====== Raw data

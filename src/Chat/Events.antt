-- ===== src/Chat/Events.antt =====
-- chat_system/cmd/api/main.go: EventHandler, one event at a time.
pub mod Invariant
pub mod Keeping
pub mod Workers
pub mod Rounds
pub mod Runs
pub mod Absent
use system_design_implementa.Prelude.{
  ℕ, Bool, true, false, List, [], ◌∷◌, ◌++◌, map, Option, none, some, String, str_eq, if◌then◌else◌,
  length,
}
use system_design_implementa.Prelude.Assoc.{lookup, insert, remove}
use system_design_implementa.Chat.Rooms.{
  Client, Hub, State, no_client, hub, member, member_or_zero, drop_member, put_member, ensure_room,
  location,
}
use system_design_implementa.Chat.Broadcast.{Kind, Message, room_chunks}
use system_design_implementa.Chat.Print.{concat, decimal}

pub data Event : Type 0 where
  comer leaver dead : Client → Event
  message : Message → Event

-- A worker is started, a text is sent to a personal channel (the loop waits until the channel has
-- room), or a connection is closed.
pub data Effect : Type 0 where
  started : List Client → Message → Effect
  told : ℕ → String → Effect
  closed : String → Effect

-- The loop goes on to the next event, waits for ever on a nil channel, or panics.
pub data Outcome : Type 0 where
  went_on stuck : State → List Effect → Outcome
  panicked : Outcome

abbrev pub default : String
default = "default"

-- `for _, roomChunk := range getRoomChunks(room, name, 1000) { go broadcastWorker(roomChunk, m) }`.
unfoldable pub broadcast : State → String → String → Message → List Effect
unfolding room_chunks hub
broadcast s room name m = map (λ chunk. started chunk m) (room_chunks (hub room s.rooms) name 1000)

-- A send to a personal channel, after the effects so far.
unfoldable pub tell : State → List Effect → Client → String → Outcome
tell s done c text = elim (c.channel) [
  | none ↦ stuck s done
  | some ch ↦ went_on s (done ++ told ch text ∷ [])
]

unfoldable pub on_comer : Client → State → Outcome
unfolding broadcast
on_comer c s = elim (c.conn) [
  | none ↦ panicked
  | some name ↦ elim (put_member default name c s.rooms) [
    | none ↦ panicked
    | some rooms ↦
        let s' : State = record { rooms = rooms; locations = insert name default s.locations } in
        went_on s' (
          broadcast s' default name (record {
            client_name = name;
            kind = Kind.join;
            text = concat (name ∷ " has joined the chat\n" ∷ []);
          }))
  ]
]

unfoldable pub forget : String → State → State
forget name s = record {
  rooms = drop_member (location name s.locations) name s.rooms;
  locations = remove name s.locations;
}

unfoldable pub on_leaver : Client → State → Outcome
unfolding broadcast forget
on_leaver c s =
    let s' = forget c.name s in
    went_on s' (
      broadcast s' (location c.name s.locations) c.name (record {
        client_name = c.name;
        kind = Kind.leave;
        text = concat (c.name ∷ " has left the chat\n" ∷ []);
      }))

unfoldable pub on_dead : Client → State → Outcome
unfolding forget
on_dead c s = elim (c.conn) [
  | none ↦ panicked
  | some addr ↦ went_on (forget c.name s) (closed addr ∷ [])
]

unfoldable pub on_msg : Message → State → Outcome
unfolding broadcast tell
on_msg m s =
    let room = location m.client_name s.locations in
    let done = broadcast s room m.client_name (record {
      client_name = m.client_name;
      kind = Kind.msg;
      text = concat ("[" ∷ room ∷ "] " ∷ m.client_name ∷ ": " ∷ m.text ∷ "\n" ∷ []);
    }) in
    elim (member room m.client_name s.rooms) [
      | none ↦ went_on s done
      | some c ↦ tell s done c (concat ("[" ∷ room ∷ "]> " ∷ []))
    ]

abbrev pub joined_text : String → String
joined_text room = concat ("Joined " ∷ room ∷ "!\n[" ∷ room ∷ "]> " ∷ [])

unfoldable pub on_join : Message → State → Outcome
unfolding broadcast tell
on_join m s =
    let name = m.client_name in
    let room = location name s.locations in
    let c = member_or_zero room name s.rooms in
    let goodbye =
      if str_eq room default
      then []
      else broadcast s room name (record {
        client_name = "";
        kind = Kind.leave;
        text = concat (name ∷ " left for " ∷ m.text ∷ "\n" ∷ []);
      }) in
    elim (put_member m.text name c (ensure_room m.text (drop_member room name s.rooms))) [
      | none ↦ panicked
      | some rooms ↦
          let s' : State = record { rooms = rooms; locations = insert name m.text s.locations } in
          tell s'
            (goodbye
              ++ broadcast s' m.text name (record {
                client_name = "";
                kind = Kind.join;
                text = concat (name ∷ " joined\n" ∷ []);
              }))
            c (joined_text m.text)
    ]

unfoldable pub on_leave : Message → State → Outcome
unfolding broadcast tell
on_leave m s =
    let name = m.client_name in
    let room = location name s.locations in
    let c = member_or_zero room name s.rooms in
    if str_eq room default
    then tell s [] c "You are already in the default room.\n[default]> "
    else let done =
        broadcast s room name (record {
          client_name = "";
          kind = Kind.join;
          text = concat (name ∷ " joined\n" ∷ []);
        }) in
      elim (put_member default name c (drop_member room name s.rooms)) [
        | none ↦ panicked
        | some rooms ↦
            tell (record { rooms = rooms; locations = insert name default s.locations }) done c
              (joined_text default)
      ]

unfoldable pub room_list : List (String × Hub) → String
room_list [] = ""
room_list ((room, clients) ∷ rooms) =
    concat ("- " ∷ room ∷ " (" ∷ decimal (length clients) ∷ " users)\n" ∷ room_list rooms ∷ [])

unfoldable pub on_getrooms : Message → State → Outcome
unfolding tell room_list
on_getrooms m s =
    let room = location m.client_name s.locations in
    tell s [] (member_or_zero room m.client_name s.rooms)
      (concat ("Available Rooms:\n" ∷ room_list s.rooms ∷ "[" ∷ room ∷ "]> " ∷ []))

-- The switch on the type of a message; the types JOIN and LEAVE have no case.
unfoldable pub on_message : Message → State → Outcome
unfolding on_msg on_join on_leave on_getrooms
on_message m s = elim (m.kind) [
  | Kind.msg ↦ on_msg m s
  | Kind.cmd_join ↦ on_join m s
  | Kind.cmd_leave ↦ on_leave m s
  | Kind.cmd_getrooms ↦ on_getrooms m s
  | Kind.join ↦ went_on s []
  | Kind.leave ↦ went_on s []
]

-- One round of the loop.
unfoldable pub handle : Event → State → Outcome
unfolding on_comer on_leaver on_dead on_message
handle (comer c) s = on_comer c s
handle (leaver c) s = on_leaver c s
handle (dead c) s = on_dead c s
handle (message m) s = on_message m s

-- The state that the loop starts with.
unfoldable pub start : State
start = record { rooms = (default, []) ∷ []; locations = [] }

============

* _Exercise_
Without altering a single word, repeat the material.

* _Response box_
filename src/Chat/Events.antt
-- ===== src/Chat/Events.antt =====
-- chat_system/cmd/api/main.go: EventHandler, one event at a time.
pub mod Invariant
pub mod Keeping
pub mod Workers
pub mod Rounds
pub mod Runs
pub mod Absent
use system_design_implementa.Prelude.{
  ℕ, Bool, true, false, List, [], ◌∷◌, ◌++◌, map, Option, none, some, String, str_eq, if◌then◌else◌,
  length,
}
use system_design_implementa.Prelude.Assoc.{lookup, insert, remove}
use system_design_implementa.Chat.Rooms.{
  Client, Hub, State, no_client, hub, member, member_or_zero, drop_member, put_member, ensure_room,
  location,
}
use system_design_implementa.Chat.Broadcast.{Kind, Message, room_chunks}
use system_design_implementa.Chat.Print.{concat, decimal}

pub data Event : Type 0 where
  comer leaver dead : Client → Event
  message : Message → Event

-- A worker is started, a text is sent to a personal channel (the loop waits until the channel has
-- room), or a connection is closed.
pub data Effect : Type 0 where
  started : List Client → Message → Effect
  told : ℕ → String → Effect
  closed : String → Effect

-- The loop goes on to the next event, waits for ever on a nil channel, or panics.
pub data Outcome : Type 0 where
  went_on stuck : State → List Effect → Outcome
  panicked : Outcome

abbrev pub default : String
default = "default"

-- `for _, roomChunk := range getRoomChunks(room, name, 1000) { go broadcastWorker(roomChunk, m) }`.
unfoldable pub broadcast : State → String → String → Message → List Effect
unfolding room_chunks hub
broadcast s room name m = map (λ chunk. started chunk m) (room_chunks (hub room s.rooms) name 1000)

-- A send to a personal channel, after the effects so far.
unfoldable pub tell : State → List Effect → Client → String → Outcome
tell s done c text = elim (c.channel) [
  | none ↦ stuck s done
  | some ch ↦ went_on s (done ++ told ch text ∷ [])
]

unfoldable pub on_comer : Client → State → Outcome
unfolding broadcast
on_comer c s = elim (c.conn) [
  | none ↦ panicked
  | some name ↦ elim (put_member default name c s.rooms) [
    | none ↦ panicked
    | some rooms ↦
        let s' : State = record { rooms = rooms; locations = insert name default s.locations } in
        went_on s' (
          broadcast s' default name (record {
            client_name = name;
            kind = Kind.join;
            text = concat (name ∷ " has joined the chat\n" ∷ []);
          }))
  ]
]

unfoldable pub forget : String → State → State
forget name s = record {
  rooms = drop_member (location name s.locations) name s.rooms;
  locations = remove name s.locations;
}

unfoldable pub on_leaver : Client → State → Outcome
unfolding broadcast forget
on_leaver c s =
    let s' = forget c.name s in
    went_on s' (
      broadcast s' (location c.name s.locations) c.name (record {
        client_name = c.name;
        kind = Kind.leave;
        text = concat (c.name ∷ " has left the chat\n" ∷ []);
      }))

unfoldable pub on_dead : Client → State → Outcome
unfolding forget
on_dead c s = elim (c.conn) [
  | none ↦ panicked
  | some addr ↦ went_on (forget c.name s) (closed addr ∷ [])
]

unfoldable pub on_msg : Message → State → Outcome
unfolding broadcast tell
on_msg m s =
    let room = location m.client_name s.locations in
    let done = broadcast s room m.client_name (record {
      client_name = m.client_name;
      kind = Kind.msg;
      text = concat ("[" ∷ room ∷ "] " ∷ m.client_name ∷ ": " ∷ m.text ∷ "\n" ∷ []);
    }) in
    elim (member room m.client_name s.rooms) [
      | none ↦ went_on s done
      | some c ↦ tell s done c (concat ("[" ∷ room ∷ "]> " ∷ []))
    ]

abbrev pub joined_text : String → String
joined_text room = concat ("Joined " ∷ room ∷ "!\n[" ∷ room ∷ "]> " ∷ [])

unfoldable pub on_join : Message → State → Outcome
unfolding broadcast tell
on_join m s =
    let name = m.client_name in
    let room = location name s.locations in
    let c = member_or_zero room name s.rooms in
    let goodbye =
      if str_eq room default
      then []
      else broadcast s room name (record {
        client_name = "";
        kind = Kind.leave;
        text = concat (name ∷ " left for " ∷ m.text ∷ "\n" ∷ []);
      }) in
    elim (put_member m.text name c (ensure_room m.text (drop_member room name s.rooms))) [
      | none ↦ panicked
      | some rooms ↦
          let s' : State = record { rooms = rooms; locations = insert name m.text s.locations } in
          tell s'
            (goodbye
              ++ broadcast s' m.text name (record {
                client_name = "";
                kind = Kind.join;
                text = concat (name ∷ " joined\n" ∷ []);
              }))
            c (joined_text m.text)
    ]

unfoldable pub on_leave : Message → State → Outcome
unfolding broadcast tell
on_leave m s =
    let name = m.client_name in
    let room = location name s.locations in
    let c = member_or_zero room name s.rooms in
    if str_eq room default
    then tell s [] c "You are already in the default room.\n[default]> "
    else let done =
        broadcast s room name (record {
          client_name = "";
          kind = Kind.join;
          text = concat (name ∷ " joined\n" ∷ []);
        }) in
      elim (put_member default name c (drop_member room name s.rooms)) [
        | none ↦ panicked
        | some rooms ↦
            tell (record { rooms = rooms; locations = insert name default s.locations }) done c
              (joined_text default)
      ]

unfoldable pub room_list : List (String × Hub) → String
room_list [] = ""
room_list ((room, clients) ∷ rooms) =
    concat ("- " ∷ room ∷ " (" ∷ decimal (length clients) ∷ " users)\n" ∷ room_list rooms ∷ [])

unfoldable pub on_getrooms : Message → State → Outcome
unfolding tell room_list
on_getrooms m s =
    let room = location m.client_name s.locations in
    tell s [] (member_or_zero room m.client_name s.rooms)
      (concat ("Available Rooms:\n" ∷ room_list s.rooms ∷ "[" ∷ room ∷ "]> " ∷ []))

-- The switch on the type of a message; the types JOIN and LEAVE have no case.
unfoldable pub on_message : Message → State → Outcome
unfolding on_msg on_join on_leave on_getrooms
on_message m s = elim (m.kind) [
  | Kind.msg ↦ on_msg m s
  | Kind.cmd_join ↦ on_join m s
  | Kind.cmd_leave ↦ on_leave m s
  | Kind.cmd_getrooms ↦ on_getrooms m s
  | Kind.join ↦ went_on s []
  | Kind.leave ↦ went_on s []
]

-- One round of the loop.
unfoldable pub handle : Event → State → Outcome
unfolding on_comer on_leaver on_dead on_message
handle (comer c) s = on_comer c s
handle (leaver c) s = on_leaver c s
handle (dead c) s = on_dead c s
handle (message m) s = on_message m s

-- The state that the loop starts with.
unfoldable pub start : State
start = record { rooms = (default, []) ∷ []; locations = [] }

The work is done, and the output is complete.